WHAT THE EXERCISE ASKS — Which lines in the data below contain the string "Type"? Show each one.

Saved data entries
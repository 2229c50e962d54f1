-- ===== src/Ai/Purchases.antt =====
-- A purchase of sai/saibuy.c keeps the shop in order.
use xscorch.Prelude.{ℕ, List, [], ◌∷◌, some, ◌≡◌, refl, sym, ◌∙◌, arith, ◌==◌, Bool-cases, inl, inr}
use xscorch.Prelude.Int.{ℤ, pos, ◌≤ℤ◌}
use xscorch.Items.{WeaponInfo, AccessoryInfo}
use xscorch.Player.{Player}
use xscorch.HashList.{Item}
use xscorch.Inventory.{infinite, can_buy_weapon, can_buy_accessory, buy_weapon, buy_accessory}
use xscorch.Inventory.Limits.{AllCounts, IsPriced, buy_weapon-AllCounts, accessory-AllCounts}
use xscorch.Goods.{Goods, GoodsConfig, weapon_goods, accessory_goods, limit_all}
use xscorch.Goods.Cycle.{IsNumbered}
use xscorch.Ai.{Shop, Market, put, purchase_weapon, purchase_accessory}

-- What a purchase leaves of a good.
bought_weapon_kept :
    (p : Player) (info : WeaponInfo)
    → ((buy_weapon p info).2.ident ≡ info.ident)
      × ((buy_weapon p info).2.price ≡ info.price)
      × ((buy_weapon p info).2.bundle ≡ info.bundle)
unfolding buy_weapon
bought_weapon_kept p info = elim (Bool-cases (can_buy_weapon p (some info) infinite)) [
  | inl e ↦ rw e (refl, refl, refl)
  | inr e ↦ rw e (refl, refl, refl)
]

bought_accessory_kept :
    (p : Player) (info : AccessoryInfo)
    → ((buy_accessory p info).2.ident ≡ info.ident)
      × ((buy_accessory p info).2.price ≡ info.price)
      × ((buy_accessory p info).2.bundle ≡ info.bundle)
unfolding buy_accessory
bought_accessory_kept p info = elim (Bool-cases (can_buy_accessory p (some info) infinite)) [
  | inl e ↦ rw e (refl, refl, refl)
  | inr e ↦ rw e (refl, refl, refl)
]

-- The numbers of goods are all that IsNumbered reads of them.
IsNumbered-same {κ} :
    {D : Type κ} (goods goods' : Goods D) (config : GoodsConfig D) (flags : ℕ)
    (items : List (Item ℤ D))
    → ((a : D) → goods'.ident a ≡ goods.ident a)
    → IsNumbered goods config flags items
    → IsNumbered goods' config flags items
IsNumbered-same goods goods' config flags [] same h = tt
IsNumbered-same goods goods' config flags (x ∷ items) same h =
    (h.0 ∙ sym (same x.value), h.1, IsNumbered-same goods goods' config flags items same h.2)

-- Whatever holds of a store and of what is put there holds afterwards.
put-all {ℓ κ} :
    {A : Type ℓ} (P : ℕ → A → Type κ) (address : ℕ) (value : A) (store : ℕ → A)
    → ((a : ℕ) → P a (store a))
    → P address value
    → (a : ℕ) → P a (put address value store a)
put-all P address value store h new a = elim (Bool-cases (a == address)) [
  | inl e ↦ let same : a ≡ address = ground arith in rw (e, same) new
  | inr e ↦ rw e (h a)
]

module _ (market : Market) where
  -- The player is not in debt, the stocks are within their limits, and the goods are priced and
  -- registered under their own numbers.
  pub record IsReady (s : Shop) : Type 0 where
    pub solvent : pos 0 ≤ℤ s.p.money
    pub weapons_held : (a : ℕ) → AllCounts (s.weapons a).inventories
    pub weapons_priced : (a : ℕ) → IsPriced (s.weapons a).price (s.weapons a).bundle
    pub accessories_held : (a : ℕ) → AllCounts (s.accessories a).inventories
    pub accessories_priced : (a : ℕ) → IsPriced (s.accessories a).price (s.accessories a).bundle
    pub weapons_numbered :
        IsNumbered
          (weapon_goods s.weapons)
          market.weapon_config
          limit_all
          market.weapon_config.registry.hashlist.order
    pub accessories_numbered :
        IsNumbered
          (accessory_goods s.accessories)
          market.accessory_config
          limit_all
          market.accessory_config.registry.hashlist.order

  pub purchase_weapon-IsReady : (s : Shop) (a : ℕ) → IsReady s → IsReady (purchase_weapon s a)
  unfolding purchase_weapon
  purchase_weapon-IsReady s a h =
      let info = s.weapons a in
      let info' = (buy_weapon s.p info).2 in
      let kept = bought_weapon_kept s.p info in
      let bought = buy_weapon-AllCounts s.p info (h.weapons_priced a) (h.weapons_held a) in
      record {
        solvent = bought.1 h.solvent;
        weapons_held =
            put-all (λ _ i. AllCounts i.inventories) a info' s.weapons h.weapons_held bought.0;
        weapons_priced =
            put-all (λ _ i. IsPriced i.price i.bundle) a info' s.weapons h.weapons_priced
              (rw (kept.1, kept.2) (h.weapons_priced a));
        accessories_held = h.accessories_held;
        accessories_priced = h.accessories_priced;
        weapons_numbered =
            IsNumbered-same (weapon_goods s.weapons) (weapon_goods (put a info' s.weapons))
              market.weapon_config limit_all market.weapon_config.registry.hashlist.order
              (put-all (λ b i. i.ident ≡ (s.weapons b).ident) a info' s.weapons (λ b. refl) kept.0)
              h.weapons_numbered;
        accessories_numbered = h.accessories_numbered;
      }

  pub purchase_accessory-IsReady : (s : Shop) (a : ℕ) → IsReady s → IsReady (purchase_accessory s a)
  unfolding purchase_accessory
  purchase_accessory-IsReady s a h =
      let info = s.accessories a in
      let info' = (buy_accessory s.p info).2 in
      let kept = bought_accessory_kept s.p info in
      let bought =
        (accessory-AllCounts s.p info (h.accessories_priced a) (h.accessories_held a)).0 in
      record {
        solvent = bought.1 h.solvent;
        weapons_held = h.weapons_held;
        weapons_priced = h.weapons_priced;
        accessories_held =
            put-all (λ _ i. AllCounts i.inventories) a info' s.accessories h.accessories_held
              bought.0;
        accessories_priced =
            put-all (λ _ i. IsPriced i.price i.bundle) a info' s.accessories h.accessories_priced
              (rw (kept.1, kept.2) (h.accessories_priced a));
        weapons_numbered = h.weapons_numbered;
        accessories_numbered =
            IsNumbered-same (accessory_goods s.accessories)
              (accessory_goods (put a info' s.accessories)) market.accessory_config limit_all
              market.accessory_config.registry.hashlist.order
              (put-all (λ b i. i.ident ≡ (s.accessories b).ident) a info' s.accessories (λ b. refl)
                kept.0)
              h.accessories_numbered;
      }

THE ANSWER —
    {D : Type κ} (goods goods' : Goods D) (config : GoodsConfig D) (flags : ℕ)
    {A : Type ℓ} (P : ℕ → A → Type κ) (address : ℕ) (value : A) (store : ℕ → A)
  pub record IsReady (s : Shop) : Type 0 where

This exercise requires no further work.